§ Information provided

- - - - - - -

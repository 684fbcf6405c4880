-- ===== src/Reports/Page.antt =====
-- `render_report` of agents-python/app/reports.py: the page that it writes.
use vaultwatch.Base.{String, ◌<>◌, truthy, List, [], ◌∷◌, if◌then◌else◌}
use vaultwatch.Base.Exec.{Result, ok}
use vaultwatch.Base.Exec.Results.{◌>>=◌}
use vaultwatch.Runtime.{Runtime}
use vaultwatch.Models.Values.{Json, Dict, str, arr, obj, nil, item, subscript}
use vaultwatch.Llm.Transcripts.{get_from}
use vaultwatch.Reports.{fstring, device, recipient, esc, escaped}
use vaultwatch.Reports.Reads.{
  Parts, reasons_of, recipient_of, location_data, check_data, investigation_data, familiar,
  correlation, narrative_of, evidence_data, parts_of,
}

-- `findings or "<li>...</li>"`
unfoldable pub shown_findings : String → String
shown_findings findings =
    if truthy findings then findings else "<li>No deterministic rules triggered.</li>"

module _ (rt : Runtime) where
  open rt use {Num}

  -- `json.dumps(value, indent=2, ensure_ascii=False)` is a parameter
  module _ (indented : Json Num → String) where
    unfoldable pub block : String → Json Num → String
    block title value =
        "<section><h2>"
        <> esc rt (str title)
        <> "</h2><pre>"
        <> esc rt (str (indented value))
        <> "</pre></section>"

    unfoldable pub blocked : String → Result (Json Num) → Result String
    blocked title value = do v ← value; ok (block title v)

    module _ (record_dict verification : Dict Num) (p : Parts Num) where
      unfoldable pub heading_parts : List (Result String)
      heading_parts =
          ok "<!doctype html><html lang=\"en\"><meta charset=\"utf-8\"><title>VaultWatch case "
          ∷ escaped rt (item record_dict "transaction_id")
          ∷ ok
              "</title>\n<style>body{font:15px/1.6 system-ui;max-width:1000px;margin:40px auto;padding:0 24px;color:#17212b}h1{margin-bottom:0}h2{font-size:19px;margin-top:32px}.note{background:#edf3f7;padding:16px;border-left:4px solid #376d82}table{border-collapse:collapse;width:100%;font-size:13px}td,th{border-bottom:1px solid #ddd;padding:9px;text-align:left;vertical-align:top}pre{white-space:pre-wrap;overflow-wrap:anywhere;background:#f4f6f8;padding:16px;font-size:12px}.hash{word-break:break-all;font:11px monospace}section{break-inside:avoid}@media print{body{margin:0;max-width:none}button{display:none}}</style>\n<h1>VaultWatch audit report</h1><p>"
          ∷ escaped rt (item record_dict "transaction_id")
          ∷ ok " · "
          ∷ escaped rt (get_from p.tx "account_id" (str ""))
          ∷ ok "</p>\n<p class=\"note\">Synthetic demonstration · "
          ∷ escaped rt (get_from p.result "model_mode" (str "unknown"))
          ∷ ok
              " model mode · No money moved. No regulatory filing. Hash verification checks record integrity, not the truth of a fraud allegation.</p>\n<h2>"
          ∷ escaped rt (get_from p.tx "amount" (str ""))
          ∷ ok " "
          ∷ escaped rt (get_from p.tx "currency" (str ""))
          ∷ ok " · "
          ∷ escaped rt (subscript p.decision "title")
          ∷ ok "</h2><p>Final severity: <strong>"
          ∷ escaped rt (subscript p.decision "severity")
          ∷ ok "</strong>. Processing audit at completion: <strong>"
          ∷ []

      unfoldable pub payment_parts : List (Result String)
      payment_parts =
          escaped rt (get_from p.audit "status" (str "not recorded"))
          ∷ ok "</strong>.</p>\n<h2>Case summary</h2><p>"
          ∷ ok (esc rt p.summary)
          ∷ ok "</p>\n<h2>Payment decision: "
          ∷ escaped rt (subscript p.payment "action")
          ∷ ok "</h2><p>"
          ∷ escaped rt (reasons_of p.payment)
          ∷ ok "</p>\n<p>Execution: "
          ∷ escaped rt (get_from p.payment "execution_status" (str "not recorded"))
          ∷ ok ". Local simulation only; no money moved.</p>\n"
          ∷ ok (block "Payment policy and simulation receipt" p.payment)
          ∷ []

      unfoldable pub table_parts : List (Result String)
      table_parts =
          ok "\n<table><tr><th>Recipient</th><td>"
          ∷ escaped rt (recipient_of p.tx)
          ∷ ok "</td></tr>\n<tr><th>Account location journey</th><td>"
          ∷ ok (esc rt (str p.journey))
          ∷ ok " · "
          ∷ escaped rt (get_from p.review "distance_km" (str "Not recorded"))
          ∷ ok " km in "
          ∷ escaped rt (get_from p.review "elapsed_minutes" (str "Not recorded"))
          ∷ ok " minutes</td></tr>\n<tr><th>Device / recipient</th><td>"
          ∷ familiar rt p.review "new_device" device
          ∷ ok " / "
          ∷ familiar rt p.review "new_beneficiary" recipient
          ∷ ok "</td></tr>\n<tr><th>Synthetic watchlist</th><td>"
          ∷ ok (esc rt (str p.screen))
          ∷ ok "</td></tr>\n<tr><th>Security correlation</th><td>"
          ∷ correlation rt p.decision
          ∷ ok "</td></tr>\n<tr><th>Current audit verification</th><td>"
          ∷ ok (esc rt (str p.integrity))
          ∷ ok " · checked "
          ∷ escaped rt (get_from (obj verification) "checked_at" (str "Not available"))
          ∷ ok "</td></tr></table>\n<p>"
          ∷ escaped rt
              (get_from p.review "location_note" (str "Location evidence was not recorded."))
          ∷ []

      unfoldable pub timeline_parts : List (Result String)
      timeline_parts =
          ok "</p>\n<h2>Reasons for review</h2><ul>"
          ∷ ok (shown_findings p.findings)
          ∷ ok "</ul>\n<p>"
          ∷ escaped rt (narrative_of rt p.result)
          ∷ ok
              "</p>\n<h2>Processing timeline</h2><table><tr><th>Time (UTC)</th><th>Stage</th><th>What happened</th></tr>"
          ∷ ok p.rows
          ∷ ok "</table>\n"
          ∷ []

      unfoldable pub evidence_parts : List (Result String)
      evidence_parts =
          ok (block "Transaction and location data" (location_data p.tx p.review))
          ∷ ok "\n"
          ∷ blocked "Rules and statistical check" (check_data p.result)
          ∷ ok "\n"
          ∷ blocked "Investigation and compliance draft" (investigation_data p.result p.decision)
          ∷ ok "\n"
          ∷ blocked "Research tool evidence" (evidence_data rt p.result)
          ∷ ok
              "\n<h2>Audit receipts</h2><p>Each receipt links to the previous record through a SHA-256 hash. The local file-backed chain is tamper-evident; it is not independently signed or externally anchored.</p><table><tr><th>Sequence</th><th>Event</th><th>Hash</th></tr>"
          ∷ ok p.receipts
          ∷ ok "</table>\n"
          ∷ ok (block "Current chain verification" (obj verification))
          ∷ ok "\n"
          ∷ blocked "Audit errors" (get_from p.audit "errors" (arr nil))
          ∷ ok "\n<p>Use your browser’s Print command to save this report as a PDF.</p></html>"
          ∷ []

      -- the f-string that is returned, in five parts
      unfoldable pub page : Result String
      page = fstring (
          fstring heading_parts
          ∷ fstring payment_parts
          ∷ fstring table_parts
          ∷ fstring timeline_parts
          ∷ fstring evidence_parts
          ∷ [])

    unfoldable pub render_report : Dict Num → Dict Num → Result String
    render_report record_dict verification = do
      p ← parts_of rt record_dict verification
      page record_dict verification p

- - - - - - -

§ How to complete this task
Repeat the listing in its entirety, keeping each line as it is.

§ Exercise output
repository 684fbcf6405c4880
-- ===== src/Reports/Page.antt =====
-- `render_report` of agents-python/app/reports.py: the page that it writes.
use vaultwatch.Base.{String, ◌<>◌, truthy, List, [], ◌∷◌, if◌then◌else◌}
use vaultwatch.Base.Exec.{Result, ok}
use vaultwatch.Base.Exec.Results.{◌>>=◌}
use vaultwatch.Runtime.{Runtime}
use vaultwatch.Models.Values.{Json, Dict, str, arr, obj, nil, item, subscript}
use vaultwatch.Llm.Transcripts.{get_from}
use vaultwatch.Reports.{fstring, device, recipient, esc, escaped}
use vaultwatch.Reports.Reads.{
  Parts, reasons_of, recipient_of, location_data, check_data, investigation_data, familiar,
  correlation, narrative_of, evidence_data, parts_of,
}

-- `findings or "<li>...</li>"`
unfoldable pub shown_findings : String → String
shown_findings findings =
    if truthy findings then findings else "<li>No deterministic rules triggered.</li>"

module _ (rt : Runtime) where
  open rt use {Num}

  -- `json.dumps(value, indent=2, ensure_ascii=False)` is a parameter
  module _ (indented : Json Num → String) where
    unfoldable pub block : String → Json Num → String
    block title value =
        "<section><h2>"
        <> esc rt (str title)
        <> "</h2><pre>"
        <> esc rt (str (indented value))
        <> "</pre></section>"

    unfoldable pub blocked : String → Result (Json Num) → Result String
    blocked title value = do v ← value; ok (block title v)

    module _ (record_dict verification : Dict Num) (p : Parts Num) where
      unfoldable pub heading_parts : List (Result String)
      heading_parts =
          ok "<!doctype html><html lang=\"en\"><meta charset=\"utf-8\"><title>VaultWatch case "
          ∷ escaped rt (item record_dict "transaction_id")
          ∷ ok
              "</title>\n<style>body{font:15px/1.6 system-ui;max-width:1000px;margin:40px auto;padding:0 24px;color:#17212b}h1{margin-bottom:0}h2{font-size:19px;margin-top:32px}.note{background:#edf3f7;padding:16px;border-left:4px solid #376d82}table{border-collapse:collapse;width:100%;font-size:13px}td,th{border-bottom:1px solid #ddd;padding:9px;text-align:left;vertical-align:top}pre{white-space:pre-wrap;overflow-wrap:anywhere;background:#f4f6f8;padding:16px;font-size:12px}.hash{word-break:break-all;font:11px monospace}section{break-inside:avoid}@media print{body{margin:0;max-width:none}button{display:none}}</style>\n<h1>VaultWatch audit report</h1><p>"
          ∷ escaped rt (item record_dict "transaction_id")
          ∷ ok " · "
          ∷ escaped rt (get_from p.tx "account_id" (str ""))
          ∷ ok "</p>\n<p class=\"note\">Synthetic demonstration · "
          ∷ escaped rt (get_from p.result "model_mode" (str "unknown"))
          ∷ ok
              " model mode · No money moved. No regulatory filing. Hash verification checks record integrity, not the truth of a fraud allegation.</p>\n<h2>"
          ∷ escaped rt (get_from p.tx "amount" (str ""))
          ∷ ok " "
          ∷ escaped rt (get_from p.tx "currency" (str ""))
          ∷ ok " · "
          ∷ escaped rt (subscript p.decision "title")
          ∷ ok "</h2><p>Final severity: <strong>"
          ∷ escaped rt (subscript p.decision "severity")
          ∷ ok "</strong>. Processing audit at completion: <strong>"
          ∷ []

      unfoldable pub payment_parts : List (Result String)
      payment_parts =
          escaped rt (get_from p.audit "status" (str "not recorded"))
          ∷ ok "</strong>.</p>\n<h2>Case summary</h2><p>"
          ∷ ok (esc rt p.summary)
          ∷ ok "</p>\n<h2>Payment decision: "
          ∷ escaped rt (subscript p.payment "action")
          ∷ ok "</h2><p>"
          ∷ escaped rt (reasons_of p.payment)
          ∷ ok "</p>\n<p>Execution: "
          ∷ escaped rt (get_from p.payment "execution_status" (str "not recorded"))
          ∷ ok ". Local simulation only; no money moved.</p>\n"
          ∷ ok (block "Payment policy and simulation receipt" p.payment)
          ∷ []

      unfoldable pub table_parts : List (Result String)
      table_parts =
          ok "\n<table><tr><th>Recipient</th><td>"
          ∷ escaped rt (recipient_of p.tx)
          ∷ ok "</td></tr>\n<tr><th>Account location journey</th><td>"
          ∷ ok (esc rt (str p.journey))
          ∷ ok " · "
          ∷ escaped rt (get_from p.review "distance_km" (str "Not recorded"))
          ∷ ok " km in "
          ∷ escaped rt (get_from p.review "elapsed_minutes" (str "Not recorded"))
          ∷ ok " minutes</td></tr>\n<tr><th>Device / recipient</th><td>"
          ∷ familiar rt p.review "new_device" device
          ∷ ok " / "
          ∷ familiar rt p.review "new_beneficiary" recipient
          ∷ ok "</td></tr>\n<tr><th>Synthetic watchlist</th><td>"
          ∷ ok (esc rt (str p.screen))
          ∷ ok "</td></tr>\n<tr><th>Security correlation</th><td>"
          ∷ correlation rt p.decision
          ∷ ok "</td></tr>\n<tr><th>Current audit verification</th><td>"
          ∷ ok (esc rt (str p.integrity))
          ∷ ok " · checked "
          ∷ escaped rt (get_from (obj verification) "checked_at" (str "Not available"))
          ∷ ok "</td></tr></table>\n<p>"
          ∷ escaped rt
              (get_from p.review "location_note" (str "Location evidence was not recorded."))
          ∷ []

      unfoldable pub timeline_parts : List (Result String)
      timeline_parts =
          ok "</p>\n<h2>Reasons for review</h2><ul>"
          ∷ ok (shown_findings p.findings)
          ∷ ok "</ul>\n<p>"
          ∷ escaped rt (narrative_of rt p.result)
          ∷ ok
              "</p>\n<h2>Processing timeline</h2><table><tr><th>Time (UTC)</th><th>Stage</th><th>What happened</th></tr>"
          ∷ ok p.rows
          ∷ ok "</table>\n"
          ∷ []

      unfoldable pub evidence_parts : List (Result String)
      evidence_parts =
          ok (block "Transaction and location data" (location_data p.tx p.review))
          ∷ ok "\n"
          ∷ blocked "Rules and statistical check" (check_data p.result)
          ∷ ok "\n"
          ∷ blocked "Investigation and compliance draft" (investigation_data p.result p.decision)
          ∷ ok "\n"
          ∷ blocked "Research tool evidence" (evidence_data rt p.result)
          ∷ ok
              "\n<h2>Audit receipts</h2><p>Each receipt links to the previous record through a SHA-256 hash. The local file-backed chain is tamper-evident; it is not independently signed or externally anchored.</p><table><tr><th>Sequence</th><th>Event</th><th>Hash</th></tr>"
          ∷ ok p.receipts
          ∷ ok "</table>\n"
          ∷ ok (block "Current chain verification" (obj verification))
          ∷ ok "\n"
          ∷ blocked "Audit errors" (get_from p.audit "errors" (arr nil))
          ∷ ok "\n<p>Use your browser’s Print command to save this report as a PDF.</p></html>"
          ∷ []

      -- the f-string that is returned, in five parts
      unfoldable pub page : Result String
      page = fstring (
          fstring heading_parts
          ∷ fstring payment_parts
          ∷ fstring table_parts
          ∷ fstring timeline_parts
          ∷ fstring evidence_parts
          ∷ [])

    unfoldable pub render_report : Dict Num → Dict Num → Result String
    render_report record_dict verification = do
      p ← parts_of rt record_dict verification
      page record_dict verification p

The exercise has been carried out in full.